Stem Cell Dynamics in an Experimental Model of Stroke

Author: Min Cheol LEE ¹ ; Chun Yan JIN ; Hyung Seok KIM ; Jae Hyu KIM ; Myeong Kyu KIM ; Hyoung Ihl KIM ; Young Jin LEE ; Young Jun SON ; Young Ok KIM ; Young Jong WOO
Author Information

1. Department of Pathology, Chonnam National University Medical School, Gwangju, Korea.

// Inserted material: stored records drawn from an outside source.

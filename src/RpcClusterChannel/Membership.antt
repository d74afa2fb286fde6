-- ===== src/RpcClusterChannel/Membership.antt =====
-- src/RpcClusterChannel.cpp: the instances after a change of the set.
use my_rpc_project.Base.{
  ℕ, zero, suc, ◌+◌, ◌≤◌, ◌<◌, ◌≡◌, ◌∙◌, refl, sym, ap, subst, true, false, List, [], ◌∷◌, ◌++◌,
  none, some, length, length-append, append-nil, append_assoc, replicate, inl, inr, ◌⊎◌, Bool-cases,
  Option-cases, arith,
}
use my_rpc_project.CircuitBreaker.{CircuitBreaker}
use my_rpc_project.LocalRegistry.{InstanceInfo, LocalRegistry, lookup}
use my_rpc_project.RpcClusterChannel.{
  Instance, Cluster, same_text, is_at, find_instance, instance_for, next_instances, is_listed,
  removed, apply_instances, discover, default_breaker,
}

same_text-eq : (bs cs : List ℕ) → same_text bs cs ≡ true → bs ≡ cs
unfolding same_text
same_text-eq [] [] h = refl
same_text-eq [] (c ∷ cs) h = absurd (grind arith)
same_text-eq (b ∷ bs) [] h = absurd (grind arith)
same_text-eq (b ∷ bs) (c ∷ cs) h = ground (arith, same_text-eq bs cs)

-- An instance stands for an info.
abbrev pub IsFor : InstanceInfo → Instance → Type 0
IsFor info i = (i.host ≡ info.host) × (i.port ≡ info.port)

is_at_lem :
    (host : List ℕ) (port : ℕ) (i : Instance)
    → is_at host port i ≡ true
    → (i.host ≡ host) × (i.port ≡ port)
unfolding is_at
is_at_lem host port i h = ground (arith, same_text-eq i.host host)

find_instance_lem :
    (host : List ℕ) (port : ℕ) (is : List Instance) (i : Instance)
    → find_instance host port is ≡ some i
    → (i.host ≡ host) × (i.port ≡ port)
unfolding find_instance
find_instance_lem host port [] i e = absurd (grind arith)
find_instance_lem host port (k ∷ is) i e = elim (Bool-cases (is_at host port k)) [
  | inl here ↦
      let same : k ≡ i = let h : some k ≡ some i = rw here at e in cc in
      subst (λ (x : Instance). (x.host ≡ host) × (x.port ≡ port)) same (is_at_lem host port k here)
  | inr there ↦
      find_instance_lem host port is i
        (let h : find_instance host port is ≡ some i = rw there at e in h)
]

-- The instance for an info: the old one of the address where there is one, and else one with a channel
-- from `n` on and below `m`.
abbrev pub Placed : List Instance → ℕ → ℕ → InstanceInfo → Instance → Type 0
Placed old n m info i =
    IsFor info i
    × ((find_instance info.host info.port old ≡ some i)
        ⊎ ((find_instance info.host info.port old ≡ none) × (n ≤ i.channel) × (i.channel < m)))

-- One instance for each info, in their order.
abbrev pub Follows : List Instance → ℕ → ℕ → List InstanceInfo → List Instance → Type 0
Follows old n m [] [] = Unit
Follows old n m [] (i ∷ is) = ⊥
Follows old n m (info ∷ infos) [] = ⊥
Follows old n m (info ∷ infos) (i ∷ is) = Placed old n m info i × Follows old n m infos is

-- The breakers, and some new ones after them.
abbrev pub Extends : List CircuitBreaker → List CircuitBreaker → Type 0
Extends breakers all = (k : ℕ) × (all ≡ breakers ++ replicate k default_breaker)

Extends-le :
    (breakers all : List CircuitBreaker) → Extends breakers all → length breakers ≤ length all
Extends-le breakers all (k, e) =
    omega (arith, ap length e, length-append breakers (replicate k default_breaker))

instance_for-Placed :
    (old : List Instance) (n m : ℕ) (breakers : List CircuitBreaker) (info : InstanceInfo)
    → n ≤ length breakers
    → length (instance_for old breakers info.host info.port).1 ≤ m
    → Placed old n m info (instance_for old breakers info.host info.port).0
instance_for-Placed old n m breakers info h l =
    elim (Option-cases (find_instance info.host info.port old)) [
      | inl new ↦
          let fresh : Instance = record {
            host = info.host;
            port = info.port;
            channel = length breakers;
          } in
          let e : instance_for old breakers info.host info.port
              ≡ (fresh, breakers ++ (default_breaker ∷ [])) =
            unfold instance_for in rw (new, instance_for) refl in
          subst (λ (p : Instance × List CircuitBreaker). Placed old n m info p.0) (sym e)
            (
              (refl, refl),
              inr (
                new,
                h,
                omega (
                  arith,
                  ap (λ (p : Instance × List CircuitBreaker). length p.1) e,
                  length-append breakers (default_breaker ∷ []),
                ),
              ),
            )
      | inr (x, kept) ↦
          let e : instance_for old breakers info.host info.port ≡ (x, breakers) =
            unfold instance_for in rw (kept, instance_for) refl in
          subst (λ (p : Instance × List CircuitBreaker). Placed old n m info p.0) (sym e)
            (find_instance_lem info.host info.port old x kept, inl kept)
    ]

instance_for-Extends :
    (old : List Instance) (breakers : List CircuitBreaker) (host : List ℕ) (port : ℕ)
    → Extends breakers (instance_for old breakers host port).1
instance_for-Extends old breakers host port = elim (Option-cases (find_instance host port old)) [
  | inl new ↦ (1, unfold instance_for in rw (new, instance_for) refl)
  | inr (x, kept) ↦ (0, unfold instance_for in rw (kept, instance_for) (sym (append-nil breakers)))
]

replicate-add :
    {A : Type 0} (j k : ℕ) (b : A) → replicate (j + k) b ≡ replicate j b ++ replicate k b
replicate-add zero k b = ap (λ i. replicate i b) (omega arith)
replicate-add (suc j) k b =
    let e : suc j + k ≡ suc (j + k) = omega arith in
    ap (λ i. replicate i b) e ∙ ap (◌∷◌ b) (replicate-add j k b)

Extends-trans : (xs ys zs : List CircuitBreaker) → Extends xs ys → Extends ys zs → Extends xs zs
Extends-trans xs ys zs (j, e) (k, f) = (
  j + k,
  f
      ∙ ap (λ u. u ++ replicate k default_breaker) e
      ∙ append_assoc xs (replicate j default_breaker) (replicate k default_breaker)
      ∙ ap (λ u. xs ++ u) (sym (replicate-add j k default_breaker)),
)

next_instances-Extends :
    (old : List Instance) (breakers : List CircuitBreaker) (infos : List InstanceInfo)
    → Extends breakers (next_instances old breakers infos).1
unfolding next_instances
next_instances-Extends old breakers [] = (0, sym (append-nil breakers))
next_instances-Extends old breakers (info ∷ infos) =
    let made = (instance_for old breakers info.host info.port).1 in
    Extends-trans breakers made (next_instances old made infos).1
      (instance_for-Extends old breakers info.host info.port)
      (next_instances-Extends old made infos)

next_instances-Follows :
    (old : List Instance) (n m : ℕ) (breakers : List CircuitBreaker) (infos : List InstanceInfo)
    → n ≤ length breakers
    → length (next_instances old breakers infos).1 ≤ m
    → Follows old n m infos (next_instances old breakers infos).0
unfolding next_instances
next_instances-Follows old n m breakers [] h l = tt
next_instances-Follows old n m breakers (info ∷ infos) h l =
    let made = (instance_for old breakers info.host info.port).1 in
    let grown = Extends-le breakers made (instance_for-Extends old breakers info.host info.port) in
    let more =
      Extends-le made (next_instances old made infos).1 (next_instances-Extends old made infos) in
    (
      instance_for-Placed old n m breakers info h (omega arith),
      next_instances-Follows old n m made infos (omega arith) l,
    )

-- An info stands for the instance.
abbrev pub IsGiven : Instance → List InstanceInfo → Type 0
IsGiven i [] = ⊥
IsGiven i (info ∷ infos) = IsFor info i ⊎ IsGiven i infos

-- The channels of exactly the instances that no info stands for, in their order, each once.
abbrev pub AreGone : List InstanceInfo → List Instance → List ℕ → Type 0
AreGone infos [] [] = Unit
AreGone infos [] (c ∷ cs) = ⊥
AreGone infos (i ∷ is) cs =
    (IsGiven i infos × AreGone infos is cs)
    ⊎ ((¬ IsGiven i infos) × (rest : List ℕ) × (cs ≡ i.channel ∷ rest) × AreGone infos is rest)

same_text_self : (bs : List ℕ) → same_text bs bs ≡ true
unfolding same_text
same_text_self [] = refl
same_text_self (b ∷ bs) = ground (arith, same_text_self bs)

is_at-IsFor :
    (info : InstanceInfo) (i : Instance) → IsFor info i → is_at info.host info.port i ≡ true
unfolding is_at
is_at-IsFor info i (host, port) =
    let same : same_text i.host info.host ≡ true =
      subst (λ h. same_text i.host h ≡ true) host (same_text_self i.host) in
    ground (arith, same, port)

is_listed-IsGiven :
    (i : Instance) (infos : List InstanceInfo) → is_listed i infos ≡ true → IsGiven i infos
unfolding is_listed
is_listed-IsGiven i [] h = absurd (grind arith)
is_listed-IsGiven i (info ∷ infos) h = elim (Bool-cases (is_at info.host info.port i)) [
  | inl here ↦ inl (is_at_lem info.host info.port i here)
  | inr there ↦ inr (is_listed-IsGiven i infos (ground arith))
]

IsGiven-is_listed :
    (i : Instance) (infos : List InstanceInfo) → is_listed i infos ≡ false → ¬ IsGiven i infos
unfolding is_listed
IsGiven-is_listed i [] h g = g
IsGiven-is_listed i (info ∷ infos) h (inl here) = let at = is_at-IsFor info i here in ground arith
IsGiven-is_listed i (info ∷ infos) h (inr there) = IsGiven-is_listed i infos (ground arith) there

removed-AreGone :
    (is : List Instance) (infos : List InstanceInfo) → AreGone infos is (removed is infos)
unfolding removed
removed-AreGone [] infos = tt
removed-AreGone (i ∷ is) infos = elim (Bool-cases (is_listed i infos)) [
  | inl stays ↦ rw stays (inl (is_listed-IsGiven i infos stays, removed-AreGone is infos))
  | inr goes ↦
      rw goes
        (inr (IsGiven-is_listed i infos goes, removed is infos, refl, removed-AreGone is infos))
]

-- After `setDiscovery` and after each notification of its watch: the cluster has one instance for each
-- info that the lookup gives, in their order, at its address. It is the old one, with its channel, where
-- the address had one, and else one with a channel and a breaker that are new. Every breaker that there
-- was is as it was, and new ones are in their first state. Stopped besides the channels that were stopped
-- before are the channels of exactly the old instances whose address is not given any more, in order.
pub discover-Follows :
    (r : LocalRegistry) (c : Cluster) (service callback now : ℕ)
    → let infos = (lookup r service now).0 in
      let d = (discover r c service callback now).1 in
      Follows c.instances (length c.breakers) (length d.breakers) infos d.instances
      × Extends c.breakers d.breakers
      × (gone : List ℕ) × (d.stopped ≡ c.stopped ++ gone)
      × AreGone infos c.instances gone
unfolding discover apply_instances
discover-Follows r c service callback now =
    let infos = (lookup r service now).0 in
    let all = (next_instances c.instances c.breakers infos).1 in
    (
      next_instances-Follows c.instances (length c.breakers) (length all) c.breakers infos
          (omega arith) (omega arith),
      next_instances-Extends c.instances c.breakers infos,
      removed c.instances infos,
      refl,
      removed-AreGone c.instances infos,
    )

Publication Type:Original Article
Keywords: Stroke; MRI; Neural stem cell; Dynamics
MeSH: Cold Temperature; Corpus Callosum; Emigration and Immigration; Immunohistochemistry; Intermediate Filament Proteins; Light; Magnetic Resonance Imaging; Models, Theoretical; Motor Cortex; Nerve Tissue Proteins; Neural Stem Cells; Neurons; Rats, Sprague-Dawley; Rose Bengal; Stem Cells; Stroke; Transplants
From:Chonnam Medical Journal 2011;47(2):90-98
CountryRepublic of Korea
Language:English
Abstract: We investigated the migration of endogenous neural stem cells (NSCs) toward an infarct lesion in a photo-thrombotic stroke model. The lesions produced by using rose bengal dye (20 mg/kg) with cold light in the motor cortex of Sprague-Dawley rats were also evaluated with sequential magnetic resonance imaging (MRI) from 30 minutes through 8 weeks. Migration of NSCs was identified by immunohistochemistry for nestin monoclonal antibody in the lesion cortex, subventricular zone (SVZ), and corpus callosum (CC). The contrast to noncontrast ratio (CNR) on MRI was greatest at 12 hours in DWI and decreased over time. By contrast, T1-weighted and T2-weighted images showed a constant CNR from the beginning through 8 weeks. MRI of the lesional cortex correlated with histopathologic findings, which could be divided into three stages: acute (edema and necrosis) within 24 hours, subacute (acute and chronic inflammatory cell infiltration) at 2 to 7 days, and chronic (gliofibrosis) at 2 to 4 weeks. The volume of the infarct was significantly reduced by reparative gliofibrosis. The number of nestin+ NSCs in the contralateral SVZ was similar to that of the ipsilateral SVZ in each group. However, the number of nestin+ NSCs in the ipsilateral cortex and CC increased at 12 hours to 3 days compared with the contralateral side (p<0.01) and was reduced significantly by 7 days (p<0.01). Active emigration of internal NSCs from the SVZ toward the infarct lesion may also contribute to decreased volume of the infarct lesion, but the self-repair mechanism by endogenous NSCs is insufficient to treat stroke causing extensive neuronal death. Further studies should be focused on amplification technologies of NSCs to enhance the collection of endogenous or transplanted NSCs for the treatment of stroke.